= 1981 Cessnock state by-election =

Election result for Cessnock, New South Wales, Australia

A by-election for the seat of Cessnock in the New South Wales Legislative Assembly was held on 21 February 1981. The by-election was triggered by the resignation of Bob Brown to successfully contest the federal House of Representatives seat of Hunter at the 1980 election.

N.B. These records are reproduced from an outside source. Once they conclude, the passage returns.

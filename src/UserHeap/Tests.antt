-- ===== src/UserHeap/Tests.antt =====
-- The theorems on the heap of a process, on a heap of which the first two pages are in use.
use swag_os.Base.{◌+◌, ◌/◌, ◌^◌, ◌≡◌, refl, true, none, [], ◌∷◌, ◌==◌, if◌then◌else◌, arith}
use swag_os.Base.Outcome.{ok}
use swag_os.UserHeap.{
  Kernel, UserHeap, nothing_found, search_heap, heap_address, mark_words, find_entry, sbrk,
  free_heap_alloc_entry,
}
use swag_os.UserHeap.FirstFit.{FirstFit, search_heap_lem}
use swag_os.UserHeap.Release.{searched, marking, free-sbrk_lost}

abbrev heap : UserHeap
heap = record { bitmap = λ i. if i == 0 then 3 else 0; used_pages = []; heap_allocations = [] }

search_heap_lem_example : FirstFit heap.bitmap 2 (search_heap heap.bitmap 2 512 0 nothing_found)
search_heap_lem_example = search_heap_lem heap.bitmap 2 (omega arith)

abbrev kernel : Kernel
kernel = record { shift = λ bit. 2 ^ bit; maps = λ va. true }

two_found : (searched 5000 heap).curr_count ≡ 5000 / 0x1000 + 1
unfolding search_heap
two_found = refl

two_marked : (marking kernel (0x100000 ∷ 0x101000 ∷ []) (searched 5000 heap) heap).done ≡ true
unfolding search_heap mark_words
two_marked = refl

nothing_older :
    find_entry (heap_address (searched 5000 heap).i_start (searched 5000 heap).bit_start) [] ≡ none
unfolding find_entry
nothing_older = refl

free-sbrk_lost_example :
    (h1 : UserHeap) × (sbrk kernel true (0x100000 ∷ 0x101000 ∷ []) 5000 heap
      ≡ ok (h1, heap_address (searched 5000 heap).i_start (searched 5000 heap).bit_start))
    × (free_heap_alloc_entry kernel.shift 0
          (heap_address (searched 5000 heap).i_start (searched 5000 heap).bit_start)
          h1
        ≡ (h1, []))
free-sbrk_lost_example =
    free-sbrk_lost kernel (0x100000 ∷ 0x101000 ∷ []) 5000 0 heap (omega arith) two_found two_marked
      nothing_older
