-- ===== src/Orchestrator/Evolution/Calls.antt =====
-- The operations of the API and of the start-up under `Evolves`.
use software_engineering_age.Prelude.{String, refl}
use software_engineering_age.Domain.{TaskCreate, TaskView}
use software_engineering_age.Effects.Rules.{Respects}
use software_engineering_age.Orchestrator.{
  Settings, submit, send_instruction, retry, cancel, reconcile_one, reconcile, count_submitted,
  request_cancel,
}
use software_engineering_age.Orchestrator.Evolution.{Evolves}
use software_engineering_age.Orchestrator.Evolution.Operations.{evolves_rules, Evolves_modify}

count_submitted-Evolves : Respects Evolves count_submitted
unfolding count_submitted
count_submitted-Evolves = Evolves_modify _ (λ w. refl)

request_cancel-Evolves : (id : String) → Respects Evolves (request_cancel id)
unfolding request_cancel
request_cancel-Evolves id = Evolves_modify _ (λ w. refl)

pub submit-Evolves :
    (settings : Settings) (request : TaskCreate) → Respects Evolves (submit settings request)
unfolding submit
submit-Evolves settings request = search (evolves_rules, count_submitted-Evolves) depth 20

pub send_instruction-Evolves :
    (id message : String) → Respects Evolves (send_instruction id message)
unfolding send_instruction
send_instruction-Evolves id message = search evolves_rules depth 12

pub retry-Evolves : (id : String) → Respects Evolves (retry id)
unfolding retry
retry-Evolves id = search evolves_rules depth 12

pub cancel-Evolves : (id : String) → Respects Evolves (cancel id)
unfolding cancel
cancel-Evolves id = search (evolves_rules, request_cancel-Evolves) depth 14

reconcile_one-Evolves : (task : TaskView) → Respects Evolves (reconcile_one task)
unfolding reconcile_one
reconcile_one-Evolves task = search (evolves_rules, cancel-Evolves) depth 10

pub reconcile-Evolves : Respects Evolves reconcile
unfolding reconcile
reconcile-Evolves = search (evolves_rules, reconcile_one-Evolves) depth 10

By-elections for the seats of Maitland, Oxley and Sturt were held on the same day.

==Dates==

| Date | Event |
|---|---|
| 22 January 1981 | Writ of election issued by the Speaker of the Legislative Assembly and close of electoral rolls. |
| 29 January 1981 | Close of nominations |
| 21 February 1981 | Polling day, between the hours of 8 am and 6 pm |
| 13 March 1981 | Return of writ |

==Results==

1981 Cessnock by-election Saturday 8 October
| Party |  | Candidate | Votes | % | ±% |
|---|---|---|---|---|---|
|  | Labor | Stan Neilly | 15,932 | 70.43 |  |
|  | Liberal | Colin Richardson | 3,911 | 17.29 |  |
|  | Democrats | Elisabeth Kirkby | 2,779 | 12.28 |  |
| Total formal votes |  |  | 22,622 | 98.91 |  |
| Informal votes |  |  | 250 | 1.09 |  |
| Turnout |  |  | 22,872 | 88.74 |  |
|  | Labor hold |  | Swing |  |  |

Bob Brown resigned to successfully contest the federal House of Representatives seat of Hunter.